Work order — Copy exactly the stretch of data below from the line with "(request_state running_model (commit_revision" through the line with "(messages : List", including both of those lines.

Entries supplied —
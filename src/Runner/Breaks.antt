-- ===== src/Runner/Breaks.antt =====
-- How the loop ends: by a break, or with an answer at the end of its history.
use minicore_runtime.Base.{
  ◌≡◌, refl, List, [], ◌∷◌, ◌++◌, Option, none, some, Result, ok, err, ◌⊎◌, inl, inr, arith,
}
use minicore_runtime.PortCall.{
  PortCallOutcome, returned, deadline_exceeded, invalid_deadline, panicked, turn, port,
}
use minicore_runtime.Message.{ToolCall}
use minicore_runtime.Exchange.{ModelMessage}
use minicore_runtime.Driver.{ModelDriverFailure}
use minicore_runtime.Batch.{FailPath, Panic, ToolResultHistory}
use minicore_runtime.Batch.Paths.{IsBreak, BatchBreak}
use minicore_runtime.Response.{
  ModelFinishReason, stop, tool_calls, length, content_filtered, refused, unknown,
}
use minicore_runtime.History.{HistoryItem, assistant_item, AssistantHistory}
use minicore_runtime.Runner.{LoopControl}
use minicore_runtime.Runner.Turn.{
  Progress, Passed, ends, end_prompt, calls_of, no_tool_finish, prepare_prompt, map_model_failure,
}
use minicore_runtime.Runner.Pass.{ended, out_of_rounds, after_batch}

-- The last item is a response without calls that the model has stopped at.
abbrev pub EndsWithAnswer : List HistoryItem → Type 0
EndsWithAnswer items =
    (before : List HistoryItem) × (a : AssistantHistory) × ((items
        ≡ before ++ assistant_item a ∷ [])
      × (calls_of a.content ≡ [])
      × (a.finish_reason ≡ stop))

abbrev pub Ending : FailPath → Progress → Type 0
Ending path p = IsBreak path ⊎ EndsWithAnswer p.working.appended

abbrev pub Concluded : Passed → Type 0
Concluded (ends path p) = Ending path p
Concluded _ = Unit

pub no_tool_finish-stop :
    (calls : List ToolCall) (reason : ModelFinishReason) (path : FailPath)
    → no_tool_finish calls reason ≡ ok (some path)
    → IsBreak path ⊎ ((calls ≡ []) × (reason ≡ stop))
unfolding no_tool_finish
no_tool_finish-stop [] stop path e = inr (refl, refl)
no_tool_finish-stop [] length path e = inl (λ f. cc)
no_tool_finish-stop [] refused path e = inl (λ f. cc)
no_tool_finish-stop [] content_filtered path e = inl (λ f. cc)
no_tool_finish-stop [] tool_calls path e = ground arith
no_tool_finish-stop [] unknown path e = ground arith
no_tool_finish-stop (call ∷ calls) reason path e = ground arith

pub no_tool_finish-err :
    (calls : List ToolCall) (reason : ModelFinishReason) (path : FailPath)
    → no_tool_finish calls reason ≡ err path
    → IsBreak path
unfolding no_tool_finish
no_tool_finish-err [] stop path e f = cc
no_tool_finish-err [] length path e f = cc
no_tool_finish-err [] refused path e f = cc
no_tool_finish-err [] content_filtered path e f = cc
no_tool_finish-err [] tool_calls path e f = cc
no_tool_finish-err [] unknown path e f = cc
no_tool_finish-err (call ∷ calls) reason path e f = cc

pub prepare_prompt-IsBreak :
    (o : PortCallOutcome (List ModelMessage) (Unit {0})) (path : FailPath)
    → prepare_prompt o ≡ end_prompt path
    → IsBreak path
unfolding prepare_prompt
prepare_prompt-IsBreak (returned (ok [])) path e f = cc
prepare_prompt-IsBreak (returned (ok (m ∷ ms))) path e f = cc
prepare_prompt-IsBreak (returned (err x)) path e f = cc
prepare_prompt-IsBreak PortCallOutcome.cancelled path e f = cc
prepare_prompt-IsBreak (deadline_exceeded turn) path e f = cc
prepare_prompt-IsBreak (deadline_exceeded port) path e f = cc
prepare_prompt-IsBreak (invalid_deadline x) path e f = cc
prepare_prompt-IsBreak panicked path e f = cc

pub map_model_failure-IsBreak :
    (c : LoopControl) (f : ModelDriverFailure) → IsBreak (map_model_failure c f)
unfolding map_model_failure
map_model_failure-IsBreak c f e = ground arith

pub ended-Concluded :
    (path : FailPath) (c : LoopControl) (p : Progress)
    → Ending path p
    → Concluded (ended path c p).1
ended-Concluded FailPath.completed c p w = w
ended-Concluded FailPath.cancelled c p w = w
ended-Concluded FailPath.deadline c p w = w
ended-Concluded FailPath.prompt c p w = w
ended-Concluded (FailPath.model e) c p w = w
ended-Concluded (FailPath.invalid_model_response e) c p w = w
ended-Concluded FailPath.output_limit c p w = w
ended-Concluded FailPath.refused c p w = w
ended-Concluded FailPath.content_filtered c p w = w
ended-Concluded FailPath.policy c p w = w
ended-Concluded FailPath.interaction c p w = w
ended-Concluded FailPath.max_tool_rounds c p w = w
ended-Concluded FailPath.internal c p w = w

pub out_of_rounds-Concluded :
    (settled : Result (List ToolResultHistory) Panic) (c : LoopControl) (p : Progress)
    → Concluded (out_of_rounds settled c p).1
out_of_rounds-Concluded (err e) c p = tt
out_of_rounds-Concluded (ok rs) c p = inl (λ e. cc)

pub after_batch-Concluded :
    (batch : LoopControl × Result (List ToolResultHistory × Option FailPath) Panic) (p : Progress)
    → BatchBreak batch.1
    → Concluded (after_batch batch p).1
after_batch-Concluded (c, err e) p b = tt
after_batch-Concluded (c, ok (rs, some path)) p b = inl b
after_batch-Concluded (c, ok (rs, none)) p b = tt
---
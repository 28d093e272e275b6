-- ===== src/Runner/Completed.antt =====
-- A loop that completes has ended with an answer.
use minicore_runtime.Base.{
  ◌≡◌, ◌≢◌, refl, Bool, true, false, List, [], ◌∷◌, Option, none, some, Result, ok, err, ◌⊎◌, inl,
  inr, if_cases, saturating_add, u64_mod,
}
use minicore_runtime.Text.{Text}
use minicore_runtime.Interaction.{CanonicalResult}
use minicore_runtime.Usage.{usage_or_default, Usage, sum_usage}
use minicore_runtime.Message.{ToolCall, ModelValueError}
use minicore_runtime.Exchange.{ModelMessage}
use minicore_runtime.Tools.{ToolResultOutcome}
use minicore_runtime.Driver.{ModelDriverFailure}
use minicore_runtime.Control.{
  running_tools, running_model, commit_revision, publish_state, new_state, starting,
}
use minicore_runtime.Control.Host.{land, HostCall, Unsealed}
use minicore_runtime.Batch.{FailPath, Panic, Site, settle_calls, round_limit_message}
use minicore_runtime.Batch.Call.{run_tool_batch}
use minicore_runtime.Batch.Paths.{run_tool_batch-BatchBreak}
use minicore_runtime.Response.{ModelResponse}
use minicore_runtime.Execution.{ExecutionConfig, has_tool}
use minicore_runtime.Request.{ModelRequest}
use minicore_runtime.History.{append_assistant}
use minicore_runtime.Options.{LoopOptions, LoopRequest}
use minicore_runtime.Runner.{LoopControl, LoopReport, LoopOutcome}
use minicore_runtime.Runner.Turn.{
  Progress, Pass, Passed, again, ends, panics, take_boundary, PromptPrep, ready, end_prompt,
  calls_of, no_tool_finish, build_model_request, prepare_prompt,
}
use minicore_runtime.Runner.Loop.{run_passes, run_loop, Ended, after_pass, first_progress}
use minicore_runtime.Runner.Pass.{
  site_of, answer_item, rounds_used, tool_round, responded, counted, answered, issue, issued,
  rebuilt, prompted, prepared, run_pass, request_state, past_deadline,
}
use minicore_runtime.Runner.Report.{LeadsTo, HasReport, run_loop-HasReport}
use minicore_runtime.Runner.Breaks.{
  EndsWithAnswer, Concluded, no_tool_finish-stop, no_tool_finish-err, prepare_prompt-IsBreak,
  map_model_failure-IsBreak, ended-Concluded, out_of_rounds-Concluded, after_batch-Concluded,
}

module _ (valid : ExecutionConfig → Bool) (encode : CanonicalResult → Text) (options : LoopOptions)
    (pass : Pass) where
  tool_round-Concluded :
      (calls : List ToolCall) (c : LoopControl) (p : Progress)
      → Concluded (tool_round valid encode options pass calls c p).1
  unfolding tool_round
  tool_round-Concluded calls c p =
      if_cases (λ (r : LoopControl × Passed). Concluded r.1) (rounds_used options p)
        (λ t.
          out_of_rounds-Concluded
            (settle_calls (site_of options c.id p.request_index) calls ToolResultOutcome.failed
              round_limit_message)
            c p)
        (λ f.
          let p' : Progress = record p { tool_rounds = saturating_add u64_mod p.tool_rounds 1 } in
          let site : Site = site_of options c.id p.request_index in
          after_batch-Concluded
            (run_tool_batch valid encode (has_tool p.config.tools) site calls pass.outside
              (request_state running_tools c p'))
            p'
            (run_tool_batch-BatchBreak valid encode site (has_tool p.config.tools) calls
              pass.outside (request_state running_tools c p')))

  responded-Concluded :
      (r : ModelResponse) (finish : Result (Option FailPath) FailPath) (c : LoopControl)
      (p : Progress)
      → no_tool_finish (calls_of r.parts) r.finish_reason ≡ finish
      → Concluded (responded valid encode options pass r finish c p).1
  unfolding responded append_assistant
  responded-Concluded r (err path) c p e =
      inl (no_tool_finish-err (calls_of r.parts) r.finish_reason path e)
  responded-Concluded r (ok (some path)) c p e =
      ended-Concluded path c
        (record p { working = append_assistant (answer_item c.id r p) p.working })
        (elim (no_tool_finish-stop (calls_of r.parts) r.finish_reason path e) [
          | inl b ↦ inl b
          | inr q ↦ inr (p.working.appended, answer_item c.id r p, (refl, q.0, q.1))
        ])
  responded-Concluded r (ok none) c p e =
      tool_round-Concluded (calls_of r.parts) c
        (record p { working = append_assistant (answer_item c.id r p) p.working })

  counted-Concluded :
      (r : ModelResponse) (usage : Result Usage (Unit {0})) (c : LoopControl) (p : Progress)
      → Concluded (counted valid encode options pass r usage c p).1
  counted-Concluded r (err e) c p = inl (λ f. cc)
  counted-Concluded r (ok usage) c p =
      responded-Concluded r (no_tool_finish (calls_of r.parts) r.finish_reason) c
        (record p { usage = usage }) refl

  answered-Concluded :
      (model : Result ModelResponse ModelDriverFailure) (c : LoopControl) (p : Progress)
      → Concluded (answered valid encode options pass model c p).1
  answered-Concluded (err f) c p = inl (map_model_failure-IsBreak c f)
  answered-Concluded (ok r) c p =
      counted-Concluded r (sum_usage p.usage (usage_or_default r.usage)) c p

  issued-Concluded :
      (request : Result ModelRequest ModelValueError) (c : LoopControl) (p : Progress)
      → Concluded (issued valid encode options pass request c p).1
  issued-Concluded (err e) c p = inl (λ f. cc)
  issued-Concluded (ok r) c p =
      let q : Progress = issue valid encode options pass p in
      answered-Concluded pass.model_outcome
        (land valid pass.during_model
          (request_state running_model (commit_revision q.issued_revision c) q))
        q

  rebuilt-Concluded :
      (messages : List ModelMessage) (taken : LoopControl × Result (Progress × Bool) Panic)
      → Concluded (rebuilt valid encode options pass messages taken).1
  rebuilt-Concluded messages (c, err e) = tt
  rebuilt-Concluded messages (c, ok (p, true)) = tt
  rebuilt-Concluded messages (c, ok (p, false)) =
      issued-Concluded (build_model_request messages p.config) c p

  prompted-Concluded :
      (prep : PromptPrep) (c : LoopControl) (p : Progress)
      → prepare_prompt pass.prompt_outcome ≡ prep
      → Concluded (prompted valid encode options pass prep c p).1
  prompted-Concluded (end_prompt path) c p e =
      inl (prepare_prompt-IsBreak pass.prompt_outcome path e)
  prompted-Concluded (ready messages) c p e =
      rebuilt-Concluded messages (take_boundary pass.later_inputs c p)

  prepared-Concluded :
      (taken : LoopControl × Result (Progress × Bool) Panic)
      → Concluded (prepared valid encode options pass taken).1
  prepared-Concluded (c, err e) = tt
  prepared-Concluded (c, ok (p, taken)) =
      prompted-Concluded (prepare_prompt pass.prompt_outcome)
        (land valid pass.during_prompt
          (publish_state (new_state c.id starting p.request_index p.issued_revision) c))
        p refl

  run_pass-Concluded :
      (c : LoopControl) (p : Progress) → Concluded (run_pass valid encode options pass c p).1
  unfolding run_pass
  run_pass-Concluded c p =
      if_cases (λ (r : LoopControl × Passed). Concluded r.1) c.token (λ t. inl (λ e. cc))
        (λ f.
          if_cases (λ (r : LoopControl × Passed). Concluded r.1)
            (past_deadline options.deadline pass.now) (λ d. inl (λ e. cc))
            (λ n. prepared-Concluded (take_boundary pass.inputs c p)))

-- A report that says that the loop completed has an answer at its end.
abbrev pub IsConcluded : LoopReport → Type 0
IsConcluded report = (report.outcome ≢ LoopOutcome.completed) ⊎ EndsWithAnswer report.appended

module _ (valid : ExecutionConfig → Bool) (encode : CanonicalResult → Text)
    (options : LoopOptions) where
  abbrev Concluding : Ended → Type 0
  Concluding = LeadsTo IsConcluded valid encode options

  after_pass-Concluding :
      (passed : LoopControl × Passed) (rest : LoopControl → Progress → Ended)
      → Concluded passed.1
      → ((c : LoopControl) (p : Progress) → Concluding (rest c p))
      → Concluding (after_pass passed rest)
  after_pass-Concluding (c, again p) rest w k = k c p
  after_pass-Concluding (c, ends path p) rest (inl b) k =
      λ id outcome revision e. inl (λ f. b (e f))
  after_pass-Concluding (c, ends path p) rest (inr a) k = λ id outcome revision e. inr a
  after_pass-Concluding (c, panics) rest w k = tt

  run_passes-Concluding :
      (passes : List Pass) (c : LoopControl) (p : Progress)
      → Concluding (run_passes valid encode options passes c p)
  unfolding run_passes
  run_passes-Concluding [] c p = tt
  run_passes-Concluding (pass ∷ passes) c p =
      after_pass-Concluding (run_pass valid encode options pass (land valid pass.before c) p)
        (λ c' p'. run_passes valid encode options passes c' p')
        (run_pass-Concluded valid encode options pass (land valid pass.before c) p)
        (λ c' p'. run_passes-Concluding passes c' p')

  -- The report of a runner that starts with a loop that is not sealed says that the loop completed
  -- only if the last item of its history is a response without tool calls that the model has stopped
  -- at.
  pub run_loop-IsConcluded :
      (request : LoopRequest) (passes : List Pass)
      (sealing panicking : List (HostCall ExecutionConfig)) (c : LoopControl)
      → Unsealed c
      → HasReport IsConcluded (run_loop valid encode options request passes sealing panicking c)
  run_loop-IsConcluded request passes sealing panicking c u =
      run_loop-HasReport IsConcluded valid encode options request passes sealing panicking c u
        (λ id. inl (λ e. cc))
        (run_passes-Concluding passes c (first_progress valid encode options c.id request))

Result —
          (request_state running_model (commit_revision q.issued_revision c) q))
        q

  rebuilt-Concluded :
      (messages : List ModelMessage) (taken : LoopControl × Result (Progress × Bool) Panic)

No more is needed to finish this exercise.